* _REQUIREMENT_:
Word for word, transcribe the data below from the line with "status-Evidence true h" to the line with "unfolding computing_handle", keeping both of those lines.

* _SOURCE DATA_:
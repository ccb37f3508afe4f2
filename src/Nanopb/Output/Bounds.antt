-- ===== src/Nanopb/Output/Bounds.antt =====
-- `pb_write` into the caller's array, and on a sizing stream.
use answrapp.Common.{
  ℕ, ◌+◌, ◌-◌, ◌%◌, ◌^◌, ◌≤◌, ◌<◌, ◌≡◌, Option, List, [], ◌∷◌, ◌++◌, append-nil, arith, length,
  length-append,
}
use native.Mathlib.Nat.{add-zero}
use answrapp.Nanopb.Types.{Error, IsU64, stream_full}
use answrapp.Nanopb.Output.{sizing, buffer, OutStream, done, raise, store, write}

-- A stream into an array of `capacity` bytes, the bytes `out` of which are written.
abbrev pub into : ℕ → List ℕ → ℕ → ℕ → Option Error → OutStream
into capacity out max_size bytes_written err = record {
  sink = buffer capacity out;
  max_size = max_size;
  bytes_written = bytes_written;
  errmsg = err;
}

-- What `max_size` still allows lies within the array.
pub record Fits (capacity : ℕ) (out : List ℕ) (max_size bytes_written : ℕ) : Type 0 where
  pub counted : bytes_written ≤ max_size
  pub room : length out + (max_size - bytes_written) ≤ capacity
  pub word : IsU64 max_size

module _ {capacity max_size bytes_written : ℕ} {out : List ℕ}
    (f : Fits capacity out max_size bytes_written) where
  -- With room for the bytes, `pb_write` appends them.
  pub write-into :
      (bytes : List ℕ) (err : Option Error)
      → bytes_written + length bytes ≤ max_size
      → write bytes (into capacity out max_size bytes_written err)
        ≡ done (into capacity (out ++ bytes) max_size (bytes_written + length bytes) err)
  unfolding write store
  write-into [] err h =
      let still : bytes_written % 2 ^ 64 ≡ bytes_written = omega (arith, f.counted, f.word) in
      rw (add-zero, append-nil, still)
  write-into (b ∷ bs) err h = ground (arith, f.room, f.word)

  -- Without, it stores nothing and fails.
  pub write_full :
      (bytes : List ℕ) (err : Option Error)
      → max_size < bytes_written + length bytes
      → IsU64 (length bytes)
      → write bytes (into capacity out max_size bytes_written err)
        ≡ raise stream_full (into capacity out max_size bytes_written err)
  unfolding write
  write_full bytes err h w = ground arith

  pub Fits-write :
      (bytes : List ℕ)
      → bytes_written + length bytes ≤ max_size
      → Fits capacity (out ++ bytes) max_size (bytes_written + length bytes)
  Fits-write bytes h = record {
    counted = h;
    room = omega (arith, length-append out bytes, f.room);
    word = f.word;
  }

-- A sizing stream.
abbrev pub counting : ℕ → ℕ → Option Error → OutStream
counting max_size bytes_written err = record {
  sink = sizing;
  max_size = max_size;
  bytes_written = bytes_written;
  errmsg = err;
}

-- It counts, in `size_t` arithmetic, stores nothing and never fails.
pub write-counting :
    (bytes : List ℕ) (max_size bytes_written : ℕ) (err : Option Error)
    → write bytes (counting max_size bytes_written err)
      ≡ done (counting max_size ((bytes_written + length bytes) % 2 ^ 64) err)
unfolding write
write-counting bytes max_size bytes_written err = ground arith
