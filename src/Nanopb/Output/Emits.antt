-- ===== src/Nanopb/Output/Emits.antt =====
-- What a writing function promises: it writes certain bytes and nothing else. `Emits m bytes` is the
-- specification against which the encoders are proved; it holds of `m >> k` with the bytes joined.
-- `EmitsFrom P m bytes` promises it of the streams whose `max_size` and error meet `P`.
use answrapp.Common.{
  ℕ, ◌+◌, ◌%◌, ◌^◌, ◌≤◌, ◌<◌, ◌≡◌, refl, ◌∙◌, ap, inl, inr, Option, List, [], ◌++◌, append_assoc,
  append-nil, arith, leb, leb→le, Bool-cases, length, length-append,
}
use native.Mathlib.Nat.{add_assoc, add-zero}
use answrapp.Nanopb.Types.{Error, IsU64}
use answrapp.Nanopb.Output.{OutStream, done, failed, then_write, Encoder, ◌>>◌, return_true, write}
use answrapp.Nanopb.Output.Bounds.{
  into, counting, Fits, Fits-write, write-into, write_full, write-counting,
}

pub record EmitsFrom (P : ℕ → Option Error → Type 0) (m : Encoder) (bytes : List ℕ) : Type 0 where
  -- With room for the bytes it appends them and counts them.
  pub appends :
      {capacity max_size bytes_written : ℕ} {out : List ℕ}
      → Fits capacity out max_size bytes_written
      → (err : Option Error) → P max_size err
      → bytes_written + length bytes ≤ max_size
      → m (into capacity out max_size bytes_written err)
        ≡ done (into capacity (out ++ bytes) max_size (bytes_written + length bytes) err)
  -- Without room it fails.
  pub refuses :
      {capacity max_size bytes_written : ℕ} {out : List ℕ}
      → Fits capacity out max_size bytes_written
      → (err : Option Error) → P max_size err
      → max_size < bytes_written + length bytes
      → (t : OutStream) × (m (into capacity out max_size bytes_written err) ≡ failed t)
  -- A sizing stream counts as much, in `size_t` arithmetic.
  pub sizes :
      (max_size bytes_written : ℕ) (err : Option Error)
      → P max_size err
      → IsU64 bytes_written
      → m (counting max_size bytes_written err)
        ≡ done (counting max_size ((bytes_written + length bytes) % 2 ^ 64) err)

abbrev pub Emits : Encoder → List ℕ → Type 0
Emits = EmitsFrom (λ _ _. Unit {0})

-- A promise for all streams holds for some.
pub Emits-EmitsFrom :
    (P : ℕ → Option Error → Type 0) {m : Encoder} {bytes : List ℕ}
    → Emits m bytes
    → EmitsFrom P m bytes
Emits-EmitsFrom P e = record {
  appends = λ f err _ h. e.appends f err tt h;
  refuses = λ f err _ h. e.refuses f err tt h;
  sizes = λ max bw err _ h. e.sizes max bw err tt h;
}

-- `pb_write` of a `size_t` of bytes, on a stream into an array, appends and counts them if there is
-- room for them and fails if not; on a sizing stream it counts them and stores nothing.
pub write-Emits : (bytes : List ℕ) → IsU64 (length bytes) → Emits (write bytes) bytes
write-Emits bytes w = record {
  appends = λ f err _ h. write-into f bytes err h;
  refuses = λ f err _ h. (_, write_full f bytes err h w);
  sizes = λ max bw err _ h. write-counting bytes max bw err;
}

-- Nothing is written.
pub return_true-EmitsFrom : (P : ℕ → Option Error → Type 0) → EmitsFrom P return_true []
return_true-EmitsFrom P = record {
  appends = λ f err _ h. rw (append-nil, add-zero) refl;
  refuses = λ f err _ h. absurd (omega (arith, f.counted));
  sizes = λ max bw err _ h. let same : (bw + 0) % 2 ^ 64 ≡ bw = omega arith in rw same refl;
}

module _ {P : ℕ → Option Error → Type 0} {m k : Encoder} {xs ys : List ℕ} (em : EmitsFrom P m xs)
    (ek : EmitsFrom P k ys) where
  both_append :
      {capacity max_size bytes_written : ℕ} {out : List ℕ}
      → Fits capacity out max_size bytes_written
      → (err : Option Error) → P max_size err
      → bytes_written + length (xs ++ ys) ≤ max_size
      → (m >> k) (into capacity out max_size bytes_written err)
        ≡ done (into capacity (out ++ (xs ++ ys)) max_size (bytes_written + length (xs ++ ys)) err)
  both_append f err p h =
      let total = length-append xs ys in
      let first = em.appends f err p (omega (arith, total)) in
      let second =
        ek.appends (Fits-write f xs (omega (arith, total))) err p (omega (arith, total)) in
      rw (total, ← append_assoc, ← add_assoc) (ap (λ r. then_write r k) first ∙ second)

  both_refuse :
      {capacity max_size bytes_written : ℕ} {out : List ℕ}
      → Fits capacity out max_size bytes_written
      → (err : Option Error) → P max_size err
      → max_size < bytes_written + length (xs ++ ys)
      → (t : OutStream) × ((m >> k) (into capacity out max_size bytes_written err) ≡ failed t)
  both_refuse {max_size} {bytes_written} f err p h =
      let total = length-append xs ys in
      elim (Bool-cases (leb (bytes_written + length xs) max_size)) [
        | inl fits ↦
            let first = em.appends f err p (leb→le _ _ fits) in
            let (t, e) =
              ek.refuses (Fits-write f xs (leb→le _ _ fits)) err p (omega (arith, total)) in
            (t, ap (λ r. then_write r k) first ∙ e)
        | inr full ↦
            let (t, e) = em.refuses f err p (ground arith) in (t, ap (λ r. then_write r k) e)
      ]

  both_size :
      (max_size bytes_written : ℕ) (err : Option Error)
      → P max_size err
      → IsU64 bytes_written
      → (m >> k) (counting max_size bytes_written err)
        ≡ done (counting max_size ((bytes_written + length (xs ++ ys)) % 2 ^ 64) err)
  both_size max bw err p h =
      let total : ((bw + length xs) % 2 ^ 64 + length ys) % 2 ^ 64
          ≡ (bw + length (xs ++ ys)) % 2 ^ 64 =
        omega (arith, length-append xs ys) in
      ap (λ r. then_write r k) (em.sizes max bw err p h)
      ∙ ek.sizes max ((bw + length xs) % 2 ^ 64) err p (omega arith)
      ∙ ap (λ n. done (counting max n err)) total

  pub then-Emits : EmitsFrom P (m >> k) (xs ++ ys)
  then-Emits = record { appends = both_append; refuses = both_refuse; sizes = both_size }
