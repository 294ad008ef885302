-- ===== src/Network/StateMachine/Spake2/Evidence.antt =====
-- What must have happened before the machine is authenticated.
use openscreen_rs.Base.{
  ◌≡◌, ◌≢◌, refl, Bool, true, false, ◌||◌, ℕ, if◌then◌else◌, List, [], ◌∷◌, arith, Outcome, ok, err,
  panic, is_empty, map_err, ◌>>=◌, lift,
}
use mathlib.Core.Path.{subst}
use openscreen_rs.Base.Returns.{Returns, OnOk, returns_rules}
use openscreen_rs.Common.{MessageError}
use openscreen_rs.Deps.{Deps}
use openscreen_rs.Network.{NetworkError, NetworkInput}
use openscreen_rs.Network.CryptoData.{CryptoData}
use openscreen_rs.Network.Messages.{AuthStatus}
use openscreen_rs.Network.Messages.Codec.Decode.{decode_status}
use openscreen_rs.Network.StateMachine.Context.{State, Context}
use openscreen_rs.Network.StateMachine.Handlers.{
  Computing.handle as computing_handle, Computing.announce_success, Computing.verify_buffered,
  Computing.finish as computing_finish, AwaitingStatus.handle as awaiting_status_handle,
  AwaitingStatus.finish as awaiting_status_finish, AwaitingStatus.is_ok,
}
use openscreen_rs.Network.StateMachine.Spake2.{
  Spake2StateMachine, dispatch, handle, new, next_state,
}
use openscreen_rs.Network.StateMachine.Spake2.Transitions.{
  ◌⟶◌, stay, announce, admit, negotiated_offer, negotiated_answer, dispatch-⟶,
}
use openscreen_rs.Network.StateMachine.Spake2.Final.{run}

-- An empty crypto result, in Computing.
abbrev pub is_empty_result : State → NetworkInput → Bool
is_empty_result State.computing (NetworkInput.crypto_completed result) = is_empty result.payload
is_empty_result _ _ = false

-- A decoded status message that says Ok.
abbrev pub says_ok : Outcome MessageError AuthStatus → Bool
says_ok (ok msg) = is_ok msg.status
says_ok _ = false

-- A status message that says so, in AwaitingStatus.
abbrev pub is_ok_status : Deps → State → NetworkInput → Bool
is_ok_status d State.awaiting_status (NetworkInput.data_received stream bytes) =
    says_ok (decode_status d bytes)
is_ok_status d _ _ = false

-- Whether some call in a row of calls finds the machine in such a state with such an input.
unfoldable pub meets :
    Deps → (State → NetworkInput → Bool) → Spake2StateMachine → List NetworkInput → Bool
meets d p m [] = false
meets d p m (i ∷ inputs) = p m.state i || meets d p (handle d m i []).machine inputs

-- What a state tells of the inputs so far: whether an empty result came, and whether the peer
-- said Ok. Nothing leads to `Negotiating`.
abbrev pub Evidence : State → Bool → Bool → Type 0
Evidence State.awaiting_status v o = v ≡ true
Evidence State.authenticated v o = (v ≡ true) × (o ≡ true)
Evidence State.negotiating v o = ⊥
Evidence _ v o = Unit {0}

abbrev is_watched : State → Bool
is_watched State.computing = true
is_watched State.awaiting_status = true
is_watched _ = false

module _ (v o w p : Bool) where
  grow : (s : State) → Evidence s v o → Evidence s (v || w) (o || p)
  grow State.awaiting_status h = ground arith
  grow State.authenticated h = ground arith
  grow State.negotiating h = h
  grow _ h = tt

  edge-Evidence :
      {s t : State} → s ⟶ t → is_watched s ≡ false → Evidence s v o → Evidence t (v || w) (o || p)
  edge-Evidence (stay {s = u} k) plain h = grow u h
  edge-Evidence announce plain h = cc
  edge-Evidence admit plain h = cc
  edge-Evidence negotiated_offer plain h = absurd h
  edge-Evidence negotiated_answer plain h = absurd h
  edge-Evidence _ plain h = tt

  edges-Evidence :
      (s : State)
      → is_watched s ≡ false
      → Evidence s v o
      → (r : Outcome NetworkError State) → OnOk (λ t. s ⟶ t) r
      → OnOk (λ t. Evidence t (v || w) (o || p)) r
  edges-Evidence s plain h (ok t) e = edge-Evidence e plain h
  edges-Evidence s plain h (err x) e = tt
  edges-Evidence s plain h panic e = tt

or_true : (b : Bool) → (b || true) ≡ true
or_true true = refl
or_true false = refl

or_assoc : (a b c : Bool) → ((a || b) || c) ≡ (a || (b || c))
or_assoc true b c = refl
or_assoc false b c = refl

true_or : (a b : Bool) → a ≡ true → (a || b) ≡ true
true_or a b h = ground arith

module _ (d : Deps) (v o w : Bool) where
  buffered-Evidence : Returns (λ t. Evidence t v o) (verify_buffered d)
  unfolding verify_buffered
  buffered-Evidence = search returns_rules depth 12

  finish-Evidence : (payload : List ℕ) → Returns (λ t. Evidence t v o) (computing_finish d payload)
  unfolding computing_finish
  finish-Evidence payload = search (returns_rules, buffered-Evidence) depth 12

  success-Evidence : Returns (λ t. Evidence t (v || true) o) (announce_success d)
  unfolding announce_success
  success-Evidence = search (returns_rules, or_true) depth 12

  status-Evidence :
      (b : Bool)
      → v ≡ true
      → Returns (λ t. Evidence t (v || w) (o || b)) (awaiting_status_finish d b)
  unfolding awaiting_status_finish
  status-Evidence true h = search (returns_rules, or_true, true_or) depth 8
  status-Evidence false h = search returns_rules depth 8

module _ (d : Deps) (v o : Bool) where
  completed-Evidence :
      (payload : List ℕ)
      → Returns
          (λ t. Evidence t (v || is_empty payload) o)
          (if is_empty payload then announce_success d else computing_finish d payload)
  completed-Evidence [] = success-Evidence d v o true
  completed-Evidence (b ∷ bytes) = finish-Evidence d (v || false) o true (b ∷ bytes)

  computing-Evidence :
      (i : NetworkInput)
      → Returns (λ t. Evidence t (v || is_empty_result State.computing i) o) (computing_handle d i)
  unfolding computing_handle
  computing-Evidence (NetworkInput.crypto_completed result) = completed-Evidence result.payload
  computing-Evidence _ = search returns_rules

module _ (d : Deps) (v o : Bool) where
  answer-Evidence :
      (r : Outcome MessageError AuthStatus)
      → v ≡ true
      → Returns
          (λ t. Evidence t (v || false) (o || says_ok r))
          (lift (map_err NetworkError.decode_failed r) >>= λ msg.
            awaiting_status_finish d (is_ok msg.status))
  unfolding ◌>>=◌
  answer-Evidence (ok msg) h = record { at = (status-Evidence d v o false (is_ok msg.status) h).at }
  answer-Evidence (err e) h = record { at = λ s. tt }
  answer-Evidence panic h = record { at = λ s. tt }

  awaiting_status-Evidence :
      (i : NetworkInput)
      → v ≡ true
      → Returns
          (λ t. Evidence t (v || false) (o || is_ok_status d State.awaiting_status i))
          (awaiting_status_handle d i)
  unfolding awaiting_status_handle
  awaiting_status-Evidence (NetworkInput.data_received stream bytes) h =
      answer-Evidence (decode_status d bytes) h
  awaiting_status-Evidence (NetworkInput.tick now) h = search (returns_rules, true_or v false h)
  awaiting_status-Evidence _ h = search returns_rules

module _ (d : Deps) (v o : Bool) where
  pub step-Evidence :
      (s : State) (i : NetworkInput) (c : Context)
      → Evidence s v o
      → OnOk
          (λ t. Evidence t (v || is_empty_result s i) (o || is_ok_status d s i))
          (dispatch d s i c).0
  unfolding dispatch
  step-Evidence State.computing i c h = (computing-Evidence d v (o || false) i).at c
  step-Evidence State.awaiting_status i c h = (awaiting_status-Evidence d v o i h).at c
  step-Evidence s i c h = edges-Evidence v o _ _ s refl h _ ((dispatch-⟶ d s i).at c)

pub next-Evidence :
    (v o : Bool) (r : Outcome NetworkError State)
    → OnOk (λ t. Evidence t v o) r
    → Evidence (next_state r) v o
next-Evidence v o (ok t) h = h
next-Evidence v o (err e) h = tt
next-Evidence v o panic h = tt

module _ (d : Deps) where
  run-Evidence :
      (m : Spake2StateMachine) (inputs : List NetworkInput) (v o : Bool)
      → Evidence m.state v o
      → Evidence
          (run d m inputs).state
          (v || meets d is_empty_result m inputs)
          (o || meets d (is_ok_status d) m inputs)
  unfolding run meets handle
  run-Evidence m [] v o h = grow v o false false m.state h
  run-Evidence m (i ∷ inputs) v o h =
      rw (← or_assoc v (is_empty_result m.state i), ← or_assoc o (is_ok_status d m.state i))
        (run-Evidence (handle d m i []).machine inputs (v || is_empty_result m.state i)
          (o || is_ok_status d m.state i) (next-Evidence _ _ _ (step-Evidence d v o m.state i _ h)))

  -- A machine that started idle and is authenticated has been fed, when it was in Computing, an
  -- empty crypto result, and, when it was in AwaitingStatus, a message that decodes to a status in
  -- which the peer says Ok.
  pub authenticated_evidence :
      (c : CryptoData) (inputs : List NetworkInput)
      → (run d (new c) inputs).state ≡ State.authenticated
      → (meets d is_empty_result (new c) inputs ≡ true)
        × (meets d (is_ok_status d) (new c) inputs ≡ true)
  authenticated_evidence c inputs h =
      subst
        (λ s.
          Evidence s (meets d is_empty_result (new c) inputs)
            (meets d (is_ok_status d) (new c) inputs))
        h (run-Evidence (new c) inputs false false tt)

  -- No sequence of inputs brings a machine that started idle to `Negotiating`.
  pub negotiating_unreachable :
      (c : CryptoData) (inputs : List NetworkInput)
      → (run d (new c) inputs).state ≢ State.negotiating
  negotiating_unreachable c inputs h =
      subst
        (λ s.
          Evidence s (meets d is_empty_result (new c) inputs)
            (meets d (is_ok_status d) (new c) inputs))
        h (run-Evidence (new c) inputs false false tt)
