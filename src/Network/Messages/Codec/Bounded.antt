-- ===== src/Network/Messages/Codec/Bounded.antt =====
-- An encoder never writes beyond the capacity of its buffer, whether it succeeds or not.
use openscreen_rs.Base.{
  fits_or_not, ℕ, ◌+◌, ◌≤◌, ◌≡◌, ◌⊎◌, inl, inr, none, some, Option, List, [], ◌∷◌, ◌++◌, arith,
  length, length-append, take, drop,
}
use openscreen_rs.Base.Keeps.{Keeps, keeps_rules, Keeps-pure, Keeps-bind}
use openscreen_rs.Deps.{Deps, Laws}
use openscreen_rs.Common.TypeKey.{encode_type_key}
use openscreen_rs.Network.Messages.{NetworkMessage, PskInputMethod}
use openscreen_rs.Network.Messages.Codec.{write_all, write_pieces, emit}
use openscreen_rs.Network.Messages.Codec.Encode.{
  encode, encode_methods, encode_methods_field, encode_capabilities, encode_token, encode_handshake,
  encode_confirmation, encode_status,
}

-- A buffer of capacity `n` that was `start`: it is within the capacity, or was not written.
abbrev pub Stays : ℕ → List ℕ → List ℕ → Type 0
Stays n start buf = (length buf ≤ n) ⊎ (buf ≡ start)

module _ (d : Deps) (laws : Laws d) (n : ℕ) (start : List ℕ) where
  pub extend-Stays :
      (buf bytes : List ℕ)
      → Stays n start buf
      → Stays n start (d.heapless.extend_from_slice n buf bytes).1
  extend-Stays buf bytes h = elim (fits_or_not (length buf + length bytes) n) [
    | inl fits ↦
        rw (laws.heapless.extend_fits n buf bytes fits)
          (inl (omega (arith, length-append buf bytes)))
    | inr full ↦ rw (laws.heapless.extend_full n buf bytes full) h
  ]

  write_all-Stays : (bytes : List ℕ) → Keeps (Stays n start) (write_all d n bytes)
  unfolding write_all
  write_all-Stays bytes = record { at = λ buf h. extend-Stays buf bytes h }

  write_pieces-Stays : (pieces : List (List ℕ)) → Keeps (Stays n start) (write_pieces d n pieces)
  unfolding write_pieces
  write_pieces-Stays [] = Keeps-pure tt
  write_pieces-Stays (piece ∷ pieces) =
      Keeps-bind _ _ (write_all-Stays piece) (λ _. write_pieces-Stays pieces)

  emit-Stays : (pieces : List (List ℕ)) → Keeps (Stays n start) (emit d n pieces)
  unfolding emit
  emit-Stays pieces = record { at = (write_pieces-Stays pieces).at }

  type_key-Stays : (key : ℕ) → Keeps (Stays n start) (encode_type_key d n key)
  unfolding encode_type_key
  type_key-Stays key = record {
    at = λ buf h. ground (
      arith,
      extend-Stays buf
          (take (d.varint.size key)
            (d.varint.encode key ++ drop (length (d.varint.encode key)) (0 ∷ 0 ∷ 0 ∷ 0 ∷ [])))
          h,
    );
  }

  methods-Stays :
      (methods : List PskInputMethod) → Keeps (Stays n start) (encode_methods d n methods)
  unfolding encode_methods
  methods-Stays [] = Keeps-pure tt
  methods-Stays (method ∷ methods) = Keeps-bind _ _ (emit-Stays _) (λ _. methods-Stays methods)

  methods_field-Stays :
      (methods : List PskInputMethod) → Keeps (Stays n start) (encode_methods_field d n methods)
  unfolding encode_methods_field
  methods_field-Stays [] = Keeps-pure tt
  methods_field-Stays (method ∷ methods) = search (keeps_rules, emit-Stays, methods-Stays)

  token-Stays : (token : Option (List ℕ)) → Keeps (Stays n start) (encode_token d n token)
  unfolding encode_token
  token-Stays (some token) = search (keeps_rules, emit-Stays)
  token-Stays none = emit-Stays _

  -- On success, on failure and on a panic, `encode` leaves the buffer as it was at the start, or
  -- within its capacity, from any buffer that is so.
  pub encode-Stays : (msg : NetworkMessage) → Keeps (Stays n start) (encode d n msg)
  unfolding encode encode_capabilities encode_handshake encode_confirmation encode_status
  encode-Stays (NetworkMessage.auth_capabilities msg) =
      search (keeps_rules, emit-Stays, type_key-Stays, methods_field-Stays) depth 12
  encode-Stays (NetworkMessage.auth_spake2_handshake msg) =
      search (keeps_rules, emit-Stays, type_key-Stays, token-Stays) depth 12
  encode-Stays _ = search (keeps_rules, emit-Stays, type_key-Stays) depth 12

* _SOLVED EXERCISE_:
  status-Evidence true h = search (returns_rules, or_true, true_or) depth 8
  status-Evidence false h = search returns_rules depth 8

module _ (d : Deps) (v o : Bool) where
  completed-Evidence :
      (payload : List ℕ)
      → Returns
          (λ t. Evidence t (v || is_empty payload) o)
          (if is_empty payload then announce_success d else computing_finish d payload)
  completed-Evidence [] = success-Evidence d v o true
  completed-Evidence (b ∷ bytes) = finish-Evidence d (v || false) o true (b ∷ bytes)

  computing-Evidence :
      (i : NetworkInput)
      → Returns (λ t. Evidence t (v || is_empty_result State.computing i) o) (computing_handle d i)
  unfolding computing_handle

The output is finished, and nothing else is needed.